Stored data entries
⟨
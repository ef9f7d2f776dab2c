-- ===== src/Flow/TrustTests.antt =====
-- A history of the pins, and the theorems on it.
use jardin.Base.{String, true, false, none, some, List, [], ◌∷◌, ◌≡◌, refl}
use jardin.Base.{◌==◌, string_eq, nat_eq, if◌then◌else◌}
use jardin.Base.Dict
use jardin.Base.Dict.{Dict}
use jardin.Base.Text.{cut_prefix}
use jardin.Flow.Trust.{
  missing, unreadable, Files, Pinnable, read_trust, write_trust, trusted_checksum, is_trusted,
  trust, untrust, prune, prune_pins, pin_still_has_a_file,
}
use jardin.Flow.Pins.{
  Operation, trusts, untrusts, prunes, perform, perform_all, decided_all, approves,
  perform_all-is_trusted,
}

abbrev deploy : Pinnable
deploy = record { name = "deploy"; checksum = "sha256:1" }

abbrev disk : Files
disk = record {
  is_file = λ p. p == "deploy.yml";
  flow_path = λ p. if p == "deploy" then "deploy.yml" else "";
  model_path = λ p. none;
}

-- The second pin is of a model that is gone, and the last write fails.
abbrev history : List Operation
history =
    trusts true deploy
    ∷ trusts true (record { name = "model:gone"; checksum = "sha256:2" })
    ∷ prunes true disk
    ∷ untrusts false "deploy"
    ∷ []

abbrev no_pins : Dict String String
no_pins = []

history-trusted : is_trusted deploy (perform_all history missing) ≡ some true
unfolding is_trusted trusted_checksum perform_all perform trust untrust prune prune_pins
    pin_still_has_a_file cut_prefix read_trust write_trust Dict.lookup Dict.insert Dict.erase
    string_eq nat_eq
history-trusted = refl

reads : read_trust missing ≡ some no_pins
unfolding read_trust
reads = refl

refuses : read_trust unreadable ≡ none
unfolding read_trust
refuses = refl

perform_all-is_trusted_example :
    is_trusted deploy (perform_all history missing)
    ≡ some (approves (decided_all "deploy" history (Dict.lookup "deploy" no_pins)) "sha256:1")
perform_all-is_trusted_example = perform_all-is_trusted history missing no_pins deploy reads
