-- ===== src/Memory.antt =====
-- internal/memory: pages of the wiki, and the ratification of those that are standards.
pub mod Frontmatter
pub mod Struck
pub mod Fuel
pub mod Refusal
pub mod Ratify
pub mod Pinned
pub mod Listing
mod Tests
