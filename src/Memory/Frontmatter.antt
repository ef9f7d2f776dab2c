-- ===== src/Memory/Frontmatter.antt =====
-- internal/memory/frontmatter.go: the header of a page. Its `related` list is not modelled.
use Prim.Native.Char.{code}
use jardin.Base.{ℕ, suc, ◌-◌, String, ◌<>◌, Bool, ◌||◌, Option, none, some, List, [], ◌∷◌}
use jardin.Base.{◌=?◌, if◌then◌else◌}
use jardin.Base.Text.{cut_prefix, has_prefix}

pub record PageFront : Type 0 where
  pub title : String
  pub kind : String

pub record Remainder : Type 0 where
  pub text : String
  pub offset : ℕ

-- strings.Cut: the text before and after the first `sep`, if there is one.
unfoldable pub cut : String → String → Option (String × String)
unfolding cut_prefix
cut String.[] sep = elim (cut_prefix String.[] sep) [
  | none ↦ none
  | some rest ↦ some (String.[], rest)
]
cut (String.◌∷◌ c s) sep =
    let later = cut s sep in
    elim (cut_prefix (String.◌∷◌ c s) sep) [
      | some rest ↦ some (String.[], rest)
      | none ↦ elim later [ none ↦ none | some (a, b) ↦ some (String.◌∷◌ c a, b) ]
    ]

-- The lines of a text, cut at each newline.
unfoldable pub lines_of : String → List String
lines_of String.[] = "" ∷ []
lines_of (String.◌∷◌ c s) = elim (lines_of s) [
  | [] ↦ []
  | l ∷ ls ↦ if code c =? 10 then "" ∷ l ∷ ls else String.◌∷◌ c l ∷ ls
]

-- strings.Count(s, "\n")
unfoldable pub newlines : String → ℕ
newlines String.[] = 0
newlines (String.◌∷◌ c s) = if code c =? 10 then suc (newlines s) else newlines s

abbrev is_quote : ℕ → Bool
is_quote n = (n =? b'"') || (n =? 39)

unfoldable pub trim_left : String → String
trim_left String.[] = String.[]
trim_left (String.◌∷◌ c s) =
    let rest = trim_left s in if is_quote (code c) then rest else String.◌∷◌ c s

unfoldable pub trim_right : String → String
trim_right String.[] = String.[]
trim_right (String.◌∷◌ c s) = elim (trim_right s) [
  | String.[] ↦ if is_quote (code c) then String.[] else String.◌∷◌ c String.[]
  | String.◌∷◌ d t ↦ String.◌∷◌ c (String.◌∷◌ d t)
]

-- strings.Trim with the two quotes.
unfoldable pub trim_quotes : String → String
unfolding trim_left trim_right
trim_quotes s = trim_right (trim_left s)

-- What follows the first newline, or all if there is none.
abbrev after_line : String → String
after_line text = elim (cut text "\n") as (λ x. String) [ none ↦ text | some (a, b) ↦ b ]

-- `trim_space` is strings.TrimSpace.
module _ (trim_space : String → String) where
  unfoldable pub scalar_in : List String → String → String
  unfolding trim_quotes
  scalar_in [] key = ""
  scalar_in (line ∷ lines) key =
      let later = scalar_in lines key in
      elim (cut_prefix line (key <> ":")) as (λ x. String) [
        | none ↦ later
        | some value ↦ trim_quotes (trim_space value)
      ]

  unfoldable pub scalar : String → String → String
  unfolding scalar_in lines_of
  scalar head key = scalar_in (lines_of head) key

  abbrev no_front : PageFront
  no_front = record { title = ""; kind = "" }

  -- What stands behind the closing fence, of a text that starts with it.
  abbrev behind_fence : String → String
  behind_fence rest =
      let inner = after_line rest in if has_prefix inner "-" then after_line inner else inner

  -- The page whose header, up to the closing fence, and rest are given.
  abbrev with_front : String → Option (String × String) → PageFront × Remainder
  with_front content none = (no_front, record { text = content; offset = 0 })
  with_front content (some (head, tail)) =
      let rest = behind_fence ("\n---" <> tail) in
      (
        record { title = scalar head "title"; kind = scalar head "type" },
        record { text = rest; offset = newlines content - newlines rest },
      )

  abbrev after_fence : String → Option String → PageFront × Remainder
  after_fence content none = (no_front, record { text = content; offset = 0 })
  after_fence content (some inner) = with_front content (cut inner "\n---")

  unfoldable pub frontmatter : String → PageFront × Remainder
  unfolding scalar cut newlines has_prefix
  frontmatter content = after_fence content (cut_prefix content "---\n")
⟩
EXERCISE BRIEF: Set down, exactly as they stand above, the lines starting with the line with "String.◌∷◌ c l ∷ ls" and going on through the line with "unfolding scalar_in lines_of", and no others.

WORKED SOLUTION:
  | l ∷ ls ↦ if code c =? 10 then "" ∷ l ∷ ls else String.◌∷◌ c l ∷ ls
]

-- strings.Count(s, "\n")
unfoldable pub newlines : String → ℕ
newlines String.[] = 0
newlines (String.◌∷◌ c s) = if code c =? 10 then suc (newlines s) else newlines s

abbrev is_quote : ℕ → Bool
is_quote n = (n =? b'"') || (n =? 39)

unfoldable pub trim_left : String → String
trim_left String.[] = String.[]
trim_left (String.◌∷◌ c s) =
    let rest = trim_left s in if is_quote (code c) then rest else String.◌∷◌ c s

unfoldable pub trim_right : String → String
trim_right String.[] = String.[]
trim_right (String.◌∷◌ c s) = elim (trim_right s) [
  | String.[] ↦ if is_quote (code c) then String.[] else String.◌∷◌ c String.[]
  | String.◌∷◌ d t ↦ String.◌∷◌ c (String.◌∷◌ d t)
]

-- strings.Trim with the two quotes.
unfoldable pub trim_quotes : String → String
unfolding trim_left trim_right
trim_quotes s = trim_right (trim_left s)

-- What follows the first newline, or all if there is none.
abbrev after_line : String → String
after_line text = elim (cut text "\n") as (λ x. String) [ none ↦ text | some (a, b) ↦ b ]

-- `trim_space` is strings.TrimSpace.
module _ (trim_space : String → String) where
  unfoldable pub scalar_in : List String → String → String
  unfolding trim_quotes
  scalar_in [] key = ""
  scalar_in (line ∷ lines) key =
      let later = scalar_in lines key in
      elim (cut_prefix line (key <> ":")) as (λ x. String) [
        | none ↦ later
        | some value ↦ trim_quotes (trim_space value)
      ]

  unfoldable pub scalar : String → String → String
  unfolding scalar_in lines_of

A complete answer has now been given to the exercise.